*** Begin section ***

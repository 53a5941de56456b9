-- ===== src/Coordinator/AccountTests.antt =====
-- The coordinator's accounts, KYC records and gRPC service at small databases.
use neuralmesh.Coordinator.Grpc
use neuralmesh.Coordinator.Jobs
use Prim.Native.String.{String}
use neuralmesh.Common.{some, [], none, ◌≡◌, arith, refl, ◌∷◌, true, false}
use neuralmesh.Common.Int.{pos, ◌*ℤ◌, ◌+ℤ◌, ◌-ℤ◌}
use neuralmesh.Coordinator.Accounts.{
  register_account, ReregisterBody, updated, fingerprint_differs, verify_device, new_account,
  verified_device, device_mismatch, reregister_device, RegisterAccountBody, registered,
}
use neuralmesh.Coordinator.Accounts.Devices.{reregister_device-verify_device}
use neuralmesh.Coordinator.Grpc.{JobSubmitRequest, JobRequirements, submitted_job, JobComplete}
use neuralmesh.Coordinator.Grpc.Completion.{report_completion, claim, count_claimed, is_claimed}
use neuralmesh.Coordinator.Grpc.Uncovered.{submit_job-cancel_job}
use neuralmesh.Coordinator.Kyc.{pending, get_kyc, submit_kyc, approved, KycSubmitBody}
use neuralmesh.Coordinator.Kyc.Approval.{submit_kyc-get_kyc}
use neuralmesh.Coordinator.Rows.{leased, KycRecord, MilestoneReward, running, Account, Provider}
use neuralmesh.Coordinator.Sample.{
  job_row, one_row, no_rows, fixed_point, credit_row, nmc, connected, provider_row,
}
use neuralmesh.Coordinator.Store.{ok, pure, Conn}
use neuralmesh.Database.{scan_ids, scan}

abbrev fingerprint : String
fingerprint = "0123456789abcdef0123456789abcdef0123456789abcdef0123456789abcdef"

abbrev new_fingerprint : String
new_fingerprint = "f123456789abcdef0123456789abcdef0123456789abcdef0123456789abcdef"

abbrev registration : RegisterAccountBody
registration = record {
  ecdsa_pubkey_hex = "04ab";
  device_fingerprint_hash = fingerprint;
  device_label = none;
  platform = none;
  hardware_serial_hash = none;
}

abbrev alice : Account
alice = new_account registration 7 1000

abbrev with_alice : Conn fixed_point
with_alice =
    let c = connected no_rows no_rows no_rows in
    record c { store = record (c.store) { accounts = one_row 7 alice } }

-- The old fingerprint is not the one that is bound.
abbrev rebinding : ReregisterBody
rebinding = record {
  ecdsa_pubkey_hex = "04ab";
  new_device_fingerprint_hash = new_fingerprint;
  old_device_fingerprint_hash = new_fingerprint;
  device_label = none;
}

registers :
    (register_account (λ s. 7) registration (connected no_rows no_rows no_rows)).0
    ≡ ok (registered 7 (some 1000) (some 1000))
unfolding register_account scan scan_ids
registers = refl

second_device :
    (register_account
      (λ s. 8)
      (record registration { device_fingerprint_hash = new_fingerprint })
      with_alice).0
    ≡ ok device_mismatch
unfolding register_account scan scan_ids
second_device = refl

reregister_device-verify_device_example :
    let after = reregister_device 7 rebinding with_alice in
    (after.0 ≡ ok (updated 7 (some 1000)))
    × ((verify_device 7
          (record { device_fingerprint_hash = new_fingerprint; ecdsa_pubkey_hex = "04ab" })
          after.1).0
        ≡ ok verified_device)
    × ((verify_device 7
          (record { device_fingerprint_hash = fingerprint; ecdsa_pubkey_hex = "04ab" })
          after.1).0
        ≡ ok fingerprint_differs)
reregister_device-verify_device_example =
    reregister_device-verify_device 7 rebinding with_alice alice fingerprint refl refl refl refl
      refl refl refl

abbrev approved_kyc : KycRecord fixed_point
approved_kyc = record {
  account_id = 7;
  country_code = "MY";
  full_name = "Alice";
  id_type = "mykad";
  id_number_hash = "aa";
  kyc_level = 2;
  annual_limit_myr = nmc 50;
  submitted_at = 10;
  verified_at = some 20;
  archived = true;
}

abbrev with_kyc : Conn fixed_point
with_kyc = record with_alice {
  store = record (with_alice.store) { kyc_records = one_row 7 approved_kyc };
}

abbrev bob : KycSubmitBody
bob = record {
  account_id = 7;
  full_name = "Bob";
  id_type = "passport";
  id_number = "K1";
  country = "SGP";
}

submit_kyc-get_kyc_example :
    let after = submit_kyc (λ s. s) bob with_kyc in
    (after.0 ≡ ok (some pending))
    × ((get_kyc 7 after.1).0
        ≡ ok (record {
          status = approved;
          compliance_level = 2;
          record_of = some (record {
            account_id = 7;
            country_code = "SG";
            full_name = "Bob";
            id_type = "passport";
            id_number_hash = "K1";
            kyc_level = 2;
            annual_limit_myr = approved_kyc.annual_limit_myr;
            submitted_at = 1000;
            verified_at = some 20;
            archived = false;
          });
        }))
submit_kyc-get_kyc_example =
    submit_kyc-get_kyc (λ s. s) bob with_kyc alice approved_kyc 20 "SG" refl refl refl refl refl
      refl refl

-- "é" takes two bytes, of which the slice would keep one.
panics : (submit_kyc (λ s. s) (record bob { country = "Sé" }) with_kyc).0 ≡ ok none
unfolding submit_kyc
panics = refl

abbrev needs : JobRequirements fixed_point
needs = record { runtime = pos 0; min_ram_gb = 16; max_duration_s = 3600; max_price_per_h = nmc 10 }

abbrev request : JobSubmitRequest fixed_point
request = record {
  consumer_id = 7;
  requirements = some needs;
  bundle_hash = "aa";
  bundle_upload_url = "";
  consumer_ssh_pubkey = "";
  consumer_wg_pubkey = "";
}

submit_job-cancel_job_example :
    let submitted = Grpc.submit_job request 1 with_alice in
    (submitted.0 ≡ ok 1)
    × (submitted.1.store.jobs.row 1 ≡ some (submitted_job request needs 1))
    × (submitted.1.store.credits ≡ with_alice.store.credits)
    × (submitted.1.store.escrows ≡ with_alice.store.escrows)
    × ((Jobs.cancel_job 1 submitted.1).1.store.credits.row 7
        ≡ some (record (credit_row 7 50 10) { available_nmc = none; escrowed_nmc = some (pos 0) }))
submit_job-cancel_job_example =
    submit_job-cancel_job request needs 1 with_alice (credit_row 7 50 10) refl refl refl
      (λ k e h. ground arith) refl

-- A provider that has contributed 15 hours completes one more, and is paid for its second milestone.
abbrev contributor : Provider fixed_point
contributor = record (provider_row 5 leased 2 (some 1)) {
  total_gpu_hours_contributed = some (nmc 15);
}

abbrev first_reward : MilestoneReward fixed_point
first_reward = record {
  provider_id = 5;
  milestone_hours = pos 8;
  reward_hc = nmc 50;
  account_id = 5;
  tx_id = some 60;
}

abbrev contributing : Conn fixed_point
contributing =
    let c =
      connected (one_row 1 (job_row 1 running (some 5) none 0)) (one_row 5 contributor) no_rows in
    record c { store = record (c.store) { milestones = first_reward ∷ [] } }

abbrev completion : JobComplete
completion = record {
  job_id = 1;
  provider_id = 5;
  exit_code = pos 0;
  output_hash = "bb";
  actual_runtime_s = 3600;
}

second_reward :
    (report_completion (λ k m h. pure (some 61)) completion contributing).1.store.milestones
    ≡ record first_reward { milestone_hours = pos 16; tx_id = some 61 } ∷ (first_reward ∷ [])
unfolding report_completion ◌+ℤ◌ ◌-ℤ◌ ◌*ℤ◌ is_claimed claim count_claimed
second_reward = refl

*** End section ***

▶ _Activity_
Lines wanted from the listing above: the line with "tx_id = some 60;" up to and including the line with "(report_completion (λ k". Please write them out exactly, adding nothing else.

▶ _Exercise solution_
  tx_id = some 60;
}

abbrev contributing : Conn fixed_point
contributing =
    let c =
      connected (one_row 1 (job_row 1 running (some 5) none 0)) (one_row 5 contributor) no_rows in
    record c { store = record (c.store) { milestones = first_reward ∷ [] } }

abbrev completion : JobComplete
completion = record {
  job_id = 1;
  provider_id = 5;
  exit_code = pos 0;
  output_hash = "bb";
  actual_runtime_s = 3600;
}

second_reward :
    (report_completion (λ k m h. pure (some 61)) completion contributing).1.store.milestones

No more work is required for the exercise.